Description of the task
Beginning with the line below that contains "pub room : 2 ≤ s.ctrl.capacity" and ending with the line that contains "pub stale : count", copy every line exactly. Copy nothing else.
----
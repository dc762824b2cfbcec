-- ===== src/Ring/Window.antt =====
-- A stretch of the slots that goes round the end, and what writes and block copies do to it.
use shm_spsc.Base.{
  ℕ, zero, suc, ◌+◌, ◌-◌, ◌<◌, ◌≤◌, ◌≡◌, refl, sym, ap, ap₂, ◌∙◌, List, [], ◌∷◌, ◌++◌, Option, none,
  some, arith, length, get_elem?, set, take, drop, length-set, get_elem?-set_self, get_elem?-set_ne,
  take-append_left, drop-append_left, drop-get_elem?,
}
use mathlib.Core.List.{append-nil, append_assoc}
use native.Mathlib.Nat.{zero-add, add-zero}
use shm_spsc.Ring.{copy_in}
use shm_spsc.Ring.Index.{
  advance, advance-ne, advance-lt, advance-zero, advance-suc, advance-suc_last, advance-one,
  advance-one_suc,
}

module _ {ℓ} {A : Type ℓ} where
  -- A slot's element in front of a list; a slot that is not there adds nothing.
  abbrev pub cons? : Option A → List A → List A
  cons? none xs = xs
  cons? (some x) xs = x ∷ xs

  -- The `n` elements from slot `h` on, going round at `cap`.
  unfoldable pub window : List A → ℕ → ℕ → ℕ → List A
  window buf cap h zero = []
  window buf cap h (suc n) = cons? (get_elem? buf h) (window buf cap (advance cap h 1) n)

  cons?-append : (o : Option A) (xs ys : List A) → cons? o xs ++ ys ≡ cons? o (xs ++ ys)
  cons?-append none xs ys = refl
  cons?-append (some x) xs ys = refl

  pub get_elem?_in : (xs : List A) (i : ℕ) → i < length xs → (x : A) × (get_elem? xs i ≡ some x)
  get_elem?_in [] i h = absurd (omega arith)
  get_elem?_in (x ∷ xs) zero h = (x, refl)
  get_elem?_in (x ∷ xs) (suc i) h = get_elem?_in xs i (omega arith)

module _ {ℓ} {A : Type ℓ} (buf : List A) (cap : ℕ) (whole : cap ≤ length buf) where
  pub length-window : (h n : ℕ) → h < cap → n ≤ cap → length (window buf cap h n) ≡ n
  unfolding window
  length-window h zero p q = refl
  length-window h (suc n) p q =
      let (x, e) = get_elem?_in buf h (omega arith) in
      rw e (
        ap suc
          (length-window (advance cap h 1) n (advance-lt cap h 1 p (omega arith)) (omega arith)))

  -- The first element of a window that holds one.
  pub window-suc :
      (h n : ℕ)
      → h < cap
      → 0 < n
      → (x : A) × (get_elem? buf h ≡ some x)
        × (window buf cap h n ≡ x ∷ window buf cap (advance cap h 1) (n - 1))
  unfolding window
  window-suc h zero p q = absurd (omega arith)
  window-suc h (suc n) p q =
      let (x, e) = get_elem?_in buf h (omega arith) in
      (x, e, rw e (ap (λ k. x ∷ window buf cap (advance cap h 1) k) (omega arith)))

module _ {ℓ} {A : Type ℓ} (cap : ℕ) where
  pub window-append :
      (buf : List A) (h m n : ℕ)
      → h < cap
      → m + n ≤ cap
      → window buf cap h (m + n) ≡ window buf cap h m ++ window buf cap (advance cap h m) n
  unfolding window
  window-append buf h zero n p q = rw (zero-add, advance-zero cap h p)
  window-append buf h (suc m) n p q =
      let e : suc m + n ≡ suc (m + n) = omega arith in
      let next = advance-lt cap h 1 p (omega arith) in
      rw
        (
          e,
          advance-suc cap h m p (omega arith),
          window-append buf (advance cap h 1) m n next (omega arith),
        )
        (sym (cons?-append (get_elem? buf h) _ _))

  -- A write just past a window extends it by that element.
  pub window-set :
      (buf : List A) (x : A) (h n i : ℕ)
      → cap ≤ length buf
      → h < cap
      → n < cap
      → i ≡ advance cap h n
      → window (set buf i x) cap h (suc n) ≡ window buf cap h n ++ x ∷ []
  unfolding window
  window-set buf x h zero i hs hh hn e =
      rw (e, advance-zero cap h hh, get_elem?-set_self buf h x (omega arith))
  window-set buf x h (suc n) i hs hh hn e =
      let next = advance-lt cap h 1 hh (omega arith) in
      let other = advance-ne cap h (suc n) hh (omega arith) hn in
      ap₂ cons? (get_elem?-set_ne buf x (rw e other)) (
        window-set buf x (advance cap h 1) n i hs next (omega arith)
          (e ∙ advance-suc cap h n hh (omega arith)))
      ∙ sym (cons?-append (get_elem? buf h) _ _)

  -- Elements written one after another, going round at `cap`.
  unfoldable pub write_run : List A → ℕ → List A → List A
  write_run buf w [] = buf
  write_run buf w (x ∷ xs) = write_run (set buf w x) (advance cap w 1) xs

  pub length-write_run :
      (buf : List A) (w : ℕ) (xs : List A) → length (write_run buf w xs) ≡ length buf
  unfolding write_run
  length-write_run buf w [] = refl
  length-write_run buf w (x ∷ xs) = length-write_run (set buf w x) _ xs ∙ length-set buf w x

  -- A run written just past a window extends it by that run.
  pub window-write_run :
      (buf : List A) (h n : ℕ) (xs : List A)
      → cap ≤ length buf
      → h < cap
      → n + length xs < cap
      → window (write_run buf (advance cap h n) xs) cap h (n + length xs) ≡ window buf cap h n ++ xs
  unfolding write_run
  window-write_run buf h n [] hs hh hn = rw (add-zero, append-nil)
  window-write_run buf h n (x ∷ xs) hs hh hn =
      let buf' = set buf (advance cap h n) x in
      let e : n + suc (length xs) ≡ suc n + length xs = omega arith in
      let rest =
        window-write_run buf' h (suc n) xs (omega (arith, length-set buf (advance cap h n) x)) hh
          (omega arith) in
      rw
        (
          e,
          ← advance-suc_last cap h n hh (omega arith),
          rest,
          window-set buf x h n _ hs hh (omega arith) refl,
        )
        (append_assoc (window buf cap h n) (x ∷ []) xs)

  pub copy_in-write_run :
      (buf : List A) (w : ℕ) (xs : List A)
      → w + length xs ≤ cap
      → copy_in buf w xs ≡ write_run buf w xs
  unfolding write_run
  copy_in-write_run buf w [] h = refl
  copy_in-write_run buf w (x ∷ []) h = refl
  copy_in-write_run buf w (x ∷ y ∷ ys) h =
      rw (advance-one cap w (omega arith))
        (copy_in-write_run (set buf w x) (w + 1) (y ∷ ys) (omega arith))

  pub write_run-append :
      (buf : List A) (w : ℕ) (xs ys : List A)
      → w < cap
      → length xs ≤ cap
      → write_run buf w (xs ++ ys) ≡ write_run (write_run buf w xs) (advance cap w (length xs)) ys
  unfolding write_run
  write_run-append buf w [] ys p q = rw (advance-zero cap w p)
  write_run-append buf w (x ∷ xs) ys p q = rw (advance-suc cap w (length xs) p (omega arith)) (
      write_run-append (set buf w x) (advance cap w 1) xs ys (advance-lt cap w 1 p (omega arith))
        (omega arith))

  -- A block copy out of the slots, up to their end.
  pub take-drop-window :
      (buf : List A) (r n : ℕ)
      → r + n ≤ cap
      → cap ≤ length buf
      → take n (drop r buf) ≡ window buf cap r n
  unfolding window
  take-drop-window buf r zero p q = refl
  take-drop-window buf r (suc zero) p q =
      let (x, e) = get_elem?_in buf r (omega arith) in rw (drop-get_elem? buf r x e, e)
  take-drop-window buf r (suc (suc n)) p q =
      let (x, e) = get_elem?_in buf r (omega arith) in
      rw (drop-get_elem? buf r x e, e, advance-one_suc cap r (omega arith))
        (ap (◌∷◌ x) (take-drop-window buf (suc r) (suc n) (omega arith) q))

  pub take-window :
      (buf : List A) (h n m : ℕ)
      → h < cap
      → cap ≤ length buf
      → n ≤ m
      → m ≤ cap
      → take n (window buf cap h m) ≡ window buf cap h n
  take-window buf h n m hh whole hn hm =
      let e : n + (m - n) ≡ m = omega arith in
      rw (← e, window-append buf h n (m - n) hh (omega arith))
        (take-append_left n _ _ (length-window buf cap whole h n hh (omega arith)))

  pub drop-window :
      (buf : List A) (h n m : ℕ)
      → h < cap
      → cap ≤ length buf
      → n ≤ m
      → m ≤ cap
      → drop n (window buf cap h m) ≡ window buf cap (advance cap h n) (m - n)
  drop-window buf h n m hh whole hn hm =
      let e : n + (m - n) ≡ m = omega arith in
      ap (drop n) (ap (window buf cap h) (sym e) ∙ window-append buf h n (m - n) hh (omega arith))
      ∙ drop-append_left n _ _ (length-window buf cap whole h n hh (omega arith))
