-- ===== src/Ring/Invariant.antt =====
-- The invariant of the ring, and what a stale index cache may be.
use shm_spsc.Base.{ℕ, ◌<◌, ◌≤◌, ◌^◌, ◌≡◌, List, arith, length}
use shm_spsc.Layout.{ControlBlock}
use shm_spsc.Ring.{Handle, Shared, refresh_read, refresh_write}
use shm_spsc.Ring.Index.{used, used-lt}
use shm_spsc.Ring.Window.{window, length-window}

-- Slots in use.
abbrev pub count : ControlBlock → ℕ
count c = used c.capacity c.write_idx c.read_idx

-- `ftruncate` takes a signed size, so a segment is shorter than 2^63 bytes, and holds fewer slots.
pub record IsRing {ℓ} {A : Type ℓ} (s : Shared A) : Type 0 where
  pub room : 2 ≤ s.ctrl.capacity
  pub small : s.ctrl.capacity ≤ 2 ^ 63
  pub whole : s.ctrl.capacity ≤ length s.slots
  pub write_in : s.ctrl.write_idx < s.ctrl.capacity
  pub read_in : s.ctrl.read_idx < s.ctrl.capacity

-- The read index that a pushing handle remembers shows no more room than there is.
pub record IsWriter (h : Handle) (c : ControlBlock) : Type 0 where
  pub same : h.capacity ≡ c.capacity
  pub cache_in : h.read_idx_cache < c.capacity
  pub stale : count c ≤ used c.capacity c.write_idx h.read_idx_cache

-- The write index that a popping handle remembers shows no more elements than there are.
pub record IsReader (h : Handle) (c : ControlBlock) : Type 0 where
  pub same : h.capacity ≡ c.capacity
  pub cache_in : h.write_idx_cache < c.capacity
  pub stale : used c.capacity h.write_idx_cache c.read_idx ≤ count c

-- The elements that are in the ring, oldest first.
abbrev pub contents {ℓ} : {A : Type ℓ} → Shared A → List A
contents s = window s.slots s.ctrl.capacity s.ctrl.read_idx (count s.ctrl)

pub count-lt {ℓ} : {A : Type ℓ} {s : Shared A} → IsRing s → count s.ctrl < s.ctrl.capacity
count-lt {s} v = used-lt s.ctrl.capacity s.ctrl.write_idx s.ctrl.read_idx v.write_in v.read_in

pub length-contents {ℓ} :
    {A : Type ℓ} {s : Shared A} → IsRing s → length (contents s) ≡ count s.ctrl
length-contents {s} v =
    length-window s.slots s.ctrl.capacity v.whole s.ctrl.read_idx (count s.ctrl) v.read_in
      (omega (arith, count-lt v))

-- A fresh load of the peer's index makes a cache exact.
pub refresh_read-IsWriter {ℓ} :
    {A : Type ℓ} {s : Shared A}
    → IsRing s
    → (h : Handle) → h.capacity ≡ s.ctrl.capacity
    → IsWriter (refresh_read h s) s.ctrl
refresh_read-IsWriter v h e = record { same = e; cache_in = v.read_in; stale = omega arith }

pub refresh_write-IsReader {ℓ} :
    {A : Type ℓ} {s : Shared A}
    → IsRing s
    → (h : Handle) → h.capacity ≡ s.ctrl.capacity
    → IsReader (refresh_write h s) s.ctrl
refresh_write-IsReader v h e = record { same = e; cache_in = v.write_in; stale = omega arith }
----
Response below
  pub room : 2 ≤ s.ctrl.capacity
  pub small : s.ctrl.capacity ≤ 2 ^ 63
  pub whole : s.ctrl.capacity ≤ length s.slots
  pub write_in : s.ctrl.write_idx < s.ctrl.capacity
  pub read_in : s.ctrl.read_idx < s.ctrl.capacity

-- The read index that a pushing handle remembers shows no more room than there is.
pub record IsWriter (h : Handle) (c : ControlBlock) : Type 0 where
  pub same : h.capacity ≡ c.capacity
  pub cache_in : h.read_idx_cache < c.capacity
  pub stale : count c ≤ used c.capacity c.write_idx h.read_idx_cache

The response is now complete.